As alternatives to halides, other leaving groups capable of participating in metal insertion include groups include tosylate, mesylate and triflate.

Charge Transporting Polymer Sidechain

The polymer backbone carries charge-transporting sidechains of formula (VI):

-(SP)_n-CT  (VI)

wherein n, Sp and CT are as described above.

Sp may be an alkyl chain, for example a branched or linear C_1-20 alkyl chain. One or more H atoms of the alkyl chain may be replaced with F, and one or more non-adjacent C atoms may be replaced with: an optionally substituted aromatic or heteroaromatic group, for example phenyl optionally substituted with one or more C_1-10 alkyl groups; O; S: COO; or substituted N, for example N substituted with alkyl group, for example C_1-10 alkyl.

Sp may form a break in conjugation between CT and the polymer backbone.

Exemplary charge-transporting sidechains have formula —(Ar)_w-Alk-CT wherein Ar independently in each occurrence is an optionally substituted aryl or heteroaryl group, preferably an optionally substituted phenyl group, w is 0 or an integer and Alk is C_1-20 alkyl, preferably C_1-10 alkyl.

Optionally, one or more non-adjacent C atoms of Alk may be replaced with: an optionally substituted aromatic or heteroaromatic group, for example phenyl optionally substituted with one or more C_1-10 alkyl groups; O; S: COO; or substituted N, for example N substituted with alkyl group, for example C_1-10 alkyl. Where one or more non-adjacent atoms of Alk are replaced with aryl or heteroaryl, the replaced atom(s) preferably are not C atoms at the end of Alk.

Optional substituents for Ar include one or more substituents R³ as described with reference to formula (VII), preferably one or more C_1-20 alkyl groups.

Optionally, where w is an integer it is 1, 2 or 3.

Exemplary spacer groups include:

• • a branched, linear or cyclic alkyl chain, for example a C_1-20 alkyl chain, a 1,4-cyclohexyl group or an adamantane group;
  • a phenylalkyl group, for example a phenyl-C_1-20 alkyl group wherein the alkyl group is bound to CT and the phenyl group is bound to the polymer backbone; and
  • an ether or polyether group, for example a group of formula —(CH₂CH₂O)_t— wherein t is at least 1.

In one exemplary arrangement, the polymer sidechain (VI) may be attached to the polymer after formation of the polymer backbone.

In another exemplary arrangement, the monomers used to form the polymer backbone may be substituted with the sidechain (VI).

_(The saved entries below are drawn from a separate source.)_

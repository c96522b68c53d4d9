-- ===== src/Enroll/Handler/Effects.antt =====
-- What the reservation of a name writes to the registry, where that is the fleet (internal/cli/fleetctl/serve.go).
use mathlib.Core.Path.{subst}
use f1337_mcp.Prelude.{
  ℕ, zero, suc, ◌+◌, ◌≡◌, refl, ap, inl, inr, Bool, true, false, Option, Bool-cases, Text,
}
use f1337_mcp.Fleet.Registry.{Sandbox, Stored, exists_already, done, failed, Access, add}
use f1337_mcp.Fleet.Registry
use f1337_mcp.Fleet.Register.Outcome.{Wrote, is_done, add-Wrote}
use f1337_mcp.Enroll.Service.{EnrolledSandbox, candidate_name, Reserved, assigned}
use f1337_mcp.Enroll.Recorder.{
  Registered, Circumstances, registry_sandbox, record_answer, record_in_fleet, fleet_ports,
}
use f1337_mcp.Enroll.Store.{TokenStore}
use f1337_mcp.Enroll.Token.{Result, ok, err, TokenRecord}
use f1337_mcp.Enroll.Handler.{
  is_taken, record_outcome, try_record, spend_first, try_name, reserve_from,
}

module _ (c : Circumstances) (sandbox : Text → EnrolledSandbox) where
  -- The sandbox of that name is added at the end of the registry, where no entry had the name.
  abbrev pub Adds : Text → Option Stored → Option Stored → Type 0
  Adds name file file' =
      (n : ℕ) × Wrote true (c.add_time n) (registry_sandbox (sandbox name) (c.record_time n)) file
        file'

  -- Either nothing is assigned and the registry stays, or the assigned name is added.
  pub data Effect (file : Option Stored) (o : Reserved × (TokenStore × Registered)) : Type 0 where
    kept : ((name : Text) → ¬ (o.0 ≡ assigned name)) → o.1.1.file ≡ file → Effect file o
    added : (name : Text) → o.0 ≡ assigned name → Adds name file o.1.1.file → Effect file o

  module _ (can_certify : Text → Bool) (redeem_it : TokenStore → Result TokenRecord × TokenStore)
      (base : Text) (keeps_name : (n : Text) → (sandbox n).name ≡ n) where
    record_add-Effect :
        (go : Registered → Reserved × (TokenStore × Registered)) (name : Text) (tokens : TokenStore)
        (r : Registered) (a : Registry.Answer (Unit {0})) (file : Option Stored)
        → ((r' : Registered) → r'.file ≡ r.file → Effect r.file (go r'))
        → Wrote
            (is_done a)
            (c.add_time r.records)
            (registry_sandbox (sandbox name) (c.record_time r.records))
            r.file
            file
        → Effect r.file (
            record_outcome
              (fleet_ports c)
              go
              (sandbox name).name
              tokens
              (record { file = file; records = r.records + 1 }, record_answer a))
    unfolding record_outcome record_answer is_done Wrote
    record_add-Effect go name tokens r (done u) file k w =
        added name (ap assigned (keeps_name name)) (r.records, w)
    record_add-Effect go name tokens r (failed exists_already) file k w =
        k (record { file = file; records = r.records + 1 }) w
    record_add-Effect go name tokens r (failed _) file k w = kept (λ n h. cc) w

    try_record-Effect :
        (go : Registered → Reserved × (TokenStore × Registered)) (name : Text) (tokens : TokenStore)
        (r : Registered)
        → ((r' : Registered) → r'.file ≡ r.file → Effect r.file (go r'))
        → Effect r.file
            (try_record (fleet_ports c) go (fleet_ports c).record_sandbox (sandbox name) tokens r)
    unfolding try_record record_in_fleet
    try_record-Effect go name tokens r k = record_add-Effect go name tokens r _ _ k (
        add-Wrote (c.record_access r.records) (c.add_time r.records)
          (registry_sandbox (sandbox name) (c.record_time r.records)) r.file)

    spend_first-Effect :
        (go : TokenStore → Reserved × (TokenStore × Registered)) (r : Registered)
        (q : Result TokenRecord × TokenStore)
        → ((s : TokenStore) → Effect r.file (go s))
        → Effect r.file (spend_first (fleet_ports c) sandbox can_certify redeem_it base go r q)
    unfolding spend_first
    spend_first-Effect go r (err e, s) k = kept (λ n h. cc) refl
    spend_first-Effect go r (ok rec, s) k = k s

    try_name-Effect :
        (go : TokenStore → Registered → Reserved × (TokenStore × Registered)) (name : Text)
        (spent : Bool) (tokens : TokenStore) (r : Registered)
        → ((s : TokenStore) (r' : Registered) → r'.file ≡ r.file → Effect r.file (go s r'))
        → Effect r.file
            (try_name (fleet_ports c) sandbox can_certify redeem_it base go name spent tokens r)
    unfolding try_name
    try_name-Effect go name true tokens r k = elim (Bool-cases (can_certify name)) [
      | inr bad ↦ rw bad (kept (λ n h. cc) refl)
      | inl good ↦ rw good (try_record-Effect (go tokens) name tokens r (k tokens))
    ]
    try_name-Effect go name false tokens r k = elim (Bool-cases (can_certify name)) [
      | inr bad ↦ rw bad (kept (λ n h. cc) refl)
      | inl good ↦ rw good (
          spend_first-Effect
            (λ s.
              try_record (fleet_ports c) (go s) (fleet_ports c).record_sandbox (sandbox name) s r)
            r (redeem_it tokens) (λ s. try_record-Effect (go s) name s r (k s)))
    ]

    Effect-from :
        (o : Reserved × (TokenStore × Registered)) (file file' : Option Stored)
        → file' ≡ file
        → Effect file' o
        → Effect file o
    Effect-from o file file' e h = subst (λ f. Effect f o) e h

    pub reserve_from-Effect :
        (n i : ℕ) (spent : Bool) (tokens : TokenStore) (r : Registered)
        → Effect r.file
            (reserve_from (fleet_ports c) sandbox can_certify redeem_it base n i spent tokens r)
    unfolding reserve_from
    reserve_from-Effect zero i spent tokens r = kept (λ n h. cc) refl
    reserve_from-Effect (suc n) i spent tokens r =
        elim (Bool-cases
          (is_taken (fleet_ports c) (fleet_ports c).exists_name r (candidate_name base i))) [
            | inl taken ↦ rw taken (reserve_from-Effect n (i + 1) spent tokens r)
            | inr free ↦ rw free (
                try_name-Effect
                  (reserve_from (fleet_ports c) sandbox can_certify redeem_it base n (i + 1) true)
                  (candidate_name base i) spent tokens r
                  (λ s r' e.
                    Effect-from
                      (reserve_from (fleet_ports c) sandbox can_certify redeem_it base n (i + 1)
                        true s r')
                      r.file r'.file e (reserve_from-Effect n (i + 1) true s r')))
          ]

In addition to the sidechain of formula (VI), the polymer backbone may be substituted with one or more substituents, for example substituents to increase the solubility of the polymer.

In one arrangement, the sidechains of the polymer may be the same. In another arrangement, two or more different sidechains are provided. Different sidechains may differ in respect of one or more of Ar, n, w, Sp and CT.

The charge-transporting polymer sidechain may be linked to any repeat unit in the polymer backbone, including one or more of a highly conjugating repeat unit, a non-conjugating repeat unit and a limited conjugation repeat unit.

The spacer group, where present, may increase solubility of the polymer as compared to a polymer in which the spacer group is absent. Moreover, the spacer may contain non-conjugating atoms to separate the conjugated charge transporting group from, and prevent conjugation with, any unsaturated groups, such as aromatic groups, that may be present in the backbone or another part of the sidechain.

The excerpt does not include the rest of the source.